> **Your task**: The required output is the full listing below, reproduced word for word.

> **Dataset entries**:
☆ ☆ ☆
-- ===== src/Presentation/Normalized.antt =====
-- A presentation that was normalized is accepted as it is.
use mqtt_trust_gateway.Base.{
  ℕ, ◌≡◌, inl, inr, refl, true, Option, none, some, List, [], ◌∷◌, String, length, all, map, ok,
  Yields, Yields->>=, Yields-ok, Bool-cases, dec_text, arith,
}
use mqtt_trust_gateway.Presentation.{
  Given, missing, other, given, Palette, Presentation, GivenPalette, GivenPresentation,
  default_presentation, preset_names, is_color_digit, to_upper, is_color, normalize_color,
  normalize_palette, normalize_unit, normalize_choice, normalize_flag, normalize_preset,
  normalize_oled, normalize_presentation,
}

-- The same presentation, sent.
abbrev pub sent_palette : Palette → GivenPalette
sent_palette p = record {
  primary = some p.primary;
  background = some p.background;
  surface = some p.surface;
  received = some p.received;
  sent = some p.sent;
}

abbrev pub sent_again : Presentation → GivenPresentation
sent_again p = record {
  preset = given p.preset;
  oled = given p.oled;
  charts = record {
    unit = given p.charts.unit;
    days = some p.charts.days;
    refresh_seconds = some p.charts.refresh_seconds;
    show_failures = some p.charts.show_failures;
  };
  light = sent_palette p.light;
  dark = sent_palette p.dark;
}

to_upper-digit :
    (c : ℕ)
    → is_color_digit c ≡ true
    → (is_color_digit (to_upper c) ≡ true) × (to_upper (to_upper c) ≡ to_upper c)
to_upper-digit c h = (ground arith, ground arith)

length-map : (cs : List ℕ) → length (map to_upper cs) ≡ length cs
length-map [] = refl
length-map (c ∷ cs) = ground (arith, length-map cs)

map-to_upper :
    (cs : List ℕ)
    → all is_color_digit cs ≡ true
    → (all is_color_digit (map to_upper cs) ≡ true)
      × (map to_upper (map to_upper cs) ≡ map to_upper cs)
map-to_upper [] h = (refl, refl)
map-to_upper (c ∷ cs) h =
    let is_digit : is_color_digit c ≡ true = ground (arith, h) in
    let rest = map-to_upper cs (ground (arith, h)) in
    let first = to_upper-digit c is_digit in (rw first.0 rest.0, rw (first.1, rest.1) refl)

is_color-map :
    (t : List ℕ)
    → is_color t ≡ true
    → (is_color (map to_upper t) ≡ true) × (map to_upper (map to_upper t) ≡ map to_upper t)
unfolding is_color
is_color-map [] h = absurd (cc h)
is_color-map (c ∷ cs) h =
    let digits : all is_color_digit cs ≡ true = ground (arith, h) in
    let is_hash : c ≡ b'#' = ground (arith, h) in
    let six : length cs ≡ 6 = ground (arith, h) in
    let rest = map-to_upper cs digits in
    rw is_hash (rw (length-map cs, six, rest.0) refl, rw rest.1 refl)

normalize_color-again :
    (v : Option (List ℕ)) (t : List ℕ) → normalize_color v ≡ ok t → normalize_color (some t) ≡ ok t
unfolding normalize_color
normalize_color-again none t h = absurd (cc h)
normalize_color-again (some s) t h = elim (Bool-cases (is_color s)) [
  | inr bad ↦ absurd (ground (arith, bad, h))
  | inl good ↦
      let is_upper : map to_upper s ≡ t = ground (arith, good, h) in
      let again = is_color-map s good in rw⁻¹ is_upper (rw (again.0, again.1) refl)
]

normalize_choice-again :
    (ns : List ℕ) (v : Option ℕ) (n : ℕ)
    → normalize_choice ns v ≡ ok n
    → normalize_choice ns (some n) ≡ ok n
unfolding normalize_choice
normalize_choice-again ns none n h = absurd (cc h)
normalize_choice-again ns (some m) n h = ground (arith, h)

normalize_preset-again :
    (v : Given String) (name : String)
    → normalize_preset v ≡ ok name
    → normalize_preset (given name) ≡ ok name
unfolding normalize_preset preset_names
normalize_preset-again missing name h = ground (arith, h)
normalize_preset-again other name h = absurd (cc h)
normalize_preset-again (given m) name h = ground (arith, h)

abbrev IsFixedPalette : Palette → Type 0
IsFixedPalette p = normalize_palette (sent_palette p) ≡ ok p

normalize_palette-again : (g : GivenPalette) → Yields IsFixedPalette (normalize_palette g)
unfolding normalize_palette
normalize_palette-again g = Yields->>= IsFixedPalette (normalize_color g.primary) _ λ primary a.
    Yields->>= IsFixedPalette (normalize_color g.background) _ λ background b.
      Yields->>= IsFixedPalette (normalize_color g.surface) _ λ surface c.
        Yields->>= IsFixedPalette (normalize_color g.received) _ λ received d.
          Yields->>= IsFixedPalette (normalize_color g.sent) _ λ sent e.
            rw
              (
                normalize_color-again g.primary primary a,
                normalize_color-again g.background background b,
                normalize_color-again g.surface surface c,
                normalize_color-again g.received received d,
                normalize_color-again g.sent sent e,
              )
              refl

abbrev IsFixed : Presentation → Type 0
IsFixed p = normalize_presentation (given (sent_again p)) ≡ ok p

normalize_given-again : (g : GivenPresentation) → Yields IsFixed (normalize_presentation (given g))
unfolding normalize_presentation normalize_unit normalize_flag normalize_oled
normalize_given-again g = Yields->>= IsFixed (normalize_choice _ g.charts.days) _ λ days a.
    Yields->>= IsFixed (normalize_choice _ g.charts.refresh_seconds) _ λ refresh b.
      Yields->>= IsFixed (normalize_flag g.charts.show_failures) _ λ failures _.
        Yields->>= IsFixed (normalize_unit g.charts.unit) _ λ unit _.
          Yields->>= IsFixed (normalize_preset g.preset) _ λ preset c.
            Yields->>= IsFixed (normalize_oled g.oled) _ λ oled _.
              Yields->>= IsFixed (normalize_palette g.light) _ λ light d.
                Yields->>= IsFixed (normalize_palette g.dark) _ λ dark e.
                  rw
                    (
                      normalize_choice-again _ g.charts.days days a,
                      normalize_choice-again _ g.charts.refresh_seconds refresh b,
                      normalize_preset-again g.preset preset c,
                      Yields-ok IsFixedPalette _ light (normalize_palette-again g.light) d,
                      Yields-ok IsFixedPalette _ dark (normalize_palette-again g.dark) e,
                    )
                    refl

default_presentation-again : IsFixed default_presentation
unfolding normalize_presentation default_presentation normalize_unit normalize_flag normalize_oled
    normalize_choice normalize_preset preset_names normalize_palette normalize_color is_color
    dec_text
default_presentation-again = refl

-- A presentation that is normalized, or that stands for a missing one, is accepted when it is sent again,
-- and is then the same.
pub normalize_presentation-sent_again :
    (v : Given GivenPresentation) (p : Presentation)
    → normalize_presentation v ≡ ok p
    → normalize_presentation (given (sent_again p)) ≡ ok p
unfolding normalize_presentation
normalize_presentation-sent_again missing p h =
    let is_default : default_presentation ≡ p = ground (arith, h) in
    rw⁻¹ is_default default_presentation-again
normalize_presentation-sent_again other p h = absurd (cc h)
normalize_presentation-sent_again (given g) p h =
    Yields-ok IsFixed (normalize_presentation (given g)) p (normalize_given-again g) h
☆ ☆ ☆
> **Output below**:
-- ===== src/Presentation/Normalized.antt =====
-- A presentation that was normalized is accepted as it is.
use mqtt_trust_gateway.Base.{
  ℕ, ◌≡◌, inl, inr, refl, true, Option, none, some, List, [], ◌∷◌, String, length, all, map, ok,
  Yields, Yields->>=, Yields-ok, Bool-cases, dec_text, arith,
}
use mqtt_trust_gateway.Presentation.{
  Given, missing, other, given, Palette, Presentation, GivenPalette, GivenPresentation,
  default_presentation, preset_names, is_color_digit, to_upper, is_color, normalize_color,
  normalize_palette, normalize_unit, normalize_choice, normalize_flag, normalize_preset,
  normalize_oled, normalize_presentation,
}

-- The same presentation, sent.
abbrev pub sent_palette : Palette → GivenPalette
sent_palette p = record {
  primary = some p.primary;
  background = some p.background;
  surface = some p.surface;
  received = some p.received;
  sent = some p.sent;
}

abbrev pub sent_again : Presentation → GivenPresentation
sent_again p = record {
  preset = given p.preset;
  oled = given p.oled;
  charts = record {
    unit = given p.charts.unit;
    days = some p.charts.days;
    refresh_seconds = some p.charts.refresh_seconds;
    show_failures = some p.charts.show_failures;
  };
  light = sent_palette p.light;
  dark = sent_palette p.dark;
}

to_upper-digit :
    (c : ℕ)
    → is_color_digit c ≡ true
    → (is_color_digit (to_upper c) ≡ true) × (to_upper (to_upper c) ≡ to_upper c)
to_upper-digit c h = (ground arith, ground arith)

length-map : (cs : List ℕ) → length (map to_upper cs) ≡ length cs
length-map [] = refl
length-map (c ∷ cs) = ground (arith, length-map cs)

map-to_upper :
    (cs : List ℕ)
    → all is_color_digit cs ≡ true
    → (all is_color_digit (map to_upper cs) ≡ true)
      × (map to_upper (map to_upper cs) ≡ map to_upper cs)
map-to_upper [] h = (refl, refl)
map-to_upper (c ∷ cs) h =
    let is_digit : is_color_digit c ≡ true = ground (arith, h) in
    let rest = map-to_upper cs (ground (arith, h)) in
    let first = to_upper-digit c is_digit in (rw first.0 rest.0, rw (first.1, rest.1) refl)

is_color-map :
    (t : List ℕ)
    → is_color t ≡ true
    → (is_color (map to_upper t) ≡ true) × (map to_upper (map to_upper t) ≡ map to_upper t)
unfolding is_color
is_color-map [] h = absurd (cc h)
is_color-map (c ∷ cs) h =
    let digits : all is_color_digit cs ≡ true = ground (arith, h) in
    let is_hash : c ≡ b'#' = ground (arith, h) in
    let six : length cs ≡ 6 = ground (arith, h) in
    let rest = map-to_upper cs digits in
    rw is_hash (rw (length-map cs, six, rest.0) refl, rw rest.1 refl)

normalize_color-again :
    (v : Option (List ℕ)) (t : List ℕ) → normalize_color v ≡ ok t → normalize_color (some t) ≡ ok t
unfolding normalize_color
normalize_color-again none t h = absurd (cc h)
normalize_color-again (some s) t h = elim (Bool-cases (is_color s)) [
  | inr bad ↦ absurd (ground (arith, bad, h))
  | inl good ↦
      let is_upper : map to_upper s ≡ t = ground (arith, good, h) in
      let again = is_color-map s good in rw⁻¹ is_upper (rw (again.0, again.1) refl)
]

normalize_choice-again :
    (ns : List ℕ) (v : Option ℕ) (n : ℕ)
    → normalize_choice ns v ≡ ok n
    → normalize_choice ns (some n) ≡ ok n
unfolding normalize_choice
normalize_choice-again ns none n h = absurd (cc h)
normalize_choice-again ns (some m) n h = ground (arith, h)

normalize_preset-again :
    (v : Given String) (name : String)
    → normalize_preset v ≡ ok name
    → normalize_preset (given name) ≡ ok name
unfolding normalize_preset preset_names
normalize_preset-again missing name h = ground (arith, h)
normalize_preset-again other name h = absurd (cc h)
normalize_preset-again (given m) name h = ground (arith, h)

abbrev IsFixedPalette : Palette → Type 0
IsFixedPalette p = normalize_palette (sent_palette p) ≡ ok p

normalize_palette-again : (g : GivenPalette) → Yields IsFixedPalette (normalize_palette g)
unfolding normalize_palette
normalize_palette-again g = Yields->>= IsFixedPalette (normalize_color g.primary) _ λ primary a.
    Yields->>= IsFixedPalette (normalize_color g.background) _ λ background b.
      Yields->>= IsFixedPalette (normalize_color g.surface) _ λ surface c.
        Yields->>= IsFixedPalette (normalize_color g.received) _ λ received d.
          Yields->>= IsFixedPalette (normalize_color g.sent) _ λ sent e.
            rw
              (
                normalize_color-again g.primary primary a,
                normalize_color-again g.background background b,
                normalize_color-again g.surface surface c,
                normalize_color-again g.received received d,
                normalize_color-again g.sent sent e,
              )
              refl

abbrev IsFixed : Presentation → Type 0
IsFixed p = normalize_presentation (given (sent_again p)) ≡ ok p

normalize_given-again : (g : GivenPresentation) → Yields IsFixed (normalize_presentation (given g))
unfolding normalize_presentation normalize_unit normalize_flag normalize_oled
normalize_given-again g = Yields->>= IsFixed (normalize_choice _ g.charts.days) _ λ days a.
    Yields->>= IsFixed (normalize_choice _ g.charts.refresh_seconds) _ λ refresh b.
      Yields->>= IsFixed (normalize_flag g.charts.show_failures) _ λ failures _.
        Yields->>= IsFixed (normalize_unit g.charts.unit) _ λ unit _.
          Yields->>= IsFixed (normalize_preset g.preset) _ λ preset c.
            Yields->>= IsFixed (normalize_oled g.oled) _ λ oled _.
              Yields->>= IsFixed (normalize_palette g.light) _ λ light d.
                Yields->>= IsFixed (normalize_palette g.dark) _ λ dark e.
                  rw
                    (
                      normalize_choice-again _ g.charts.days days a,
                      normalize_choice-again _ g.charts.refresh_seconds refresh b,
                      normalize_preset-again g.preset preset c,
                      Yields-ok IsFixedPalette _ light (normalize_palette-again g.light) d,
                      Yields-ok IsFixedPalette _ dark (normalize_palette-again g.dark) e,
                    )
                    refl

default_presentation-again : IsFixed default_presentation
unfolding normalize_presentation default_presentation normalize_unit normalize_flag normalize_oled
    normalize_choice normalize_preset preset_names normalize_palette normalize_color is_color
    dec_text
default_presentation-again = refl

-- A presentation that is normalized, or that stands for a missing one, is accepted when it is sent again,
-- and is then the same.
pub normalize_presentation-sent_again :
    (v : Given GivenPresentation) (p : Presentation)
    → normalize_presentation v ≡ ok p
    → normalize_presentation (given (sent_again p)) ≡ ok p
unfolding normalize_presentation
normalize_presentation-sent_again missing p h =
    let is_default : default_presentation ≡ p = ground (arith, h) in
    rw⁻¹ is_default default_presentation-again
normalize_presentation-sent_again other p h = absurd (cc h)
normalize_presentation-sent_again (given g) p h =
    Yields-ok IsFixed (normalize_presentation (given g)) p (normalize_given-again g) h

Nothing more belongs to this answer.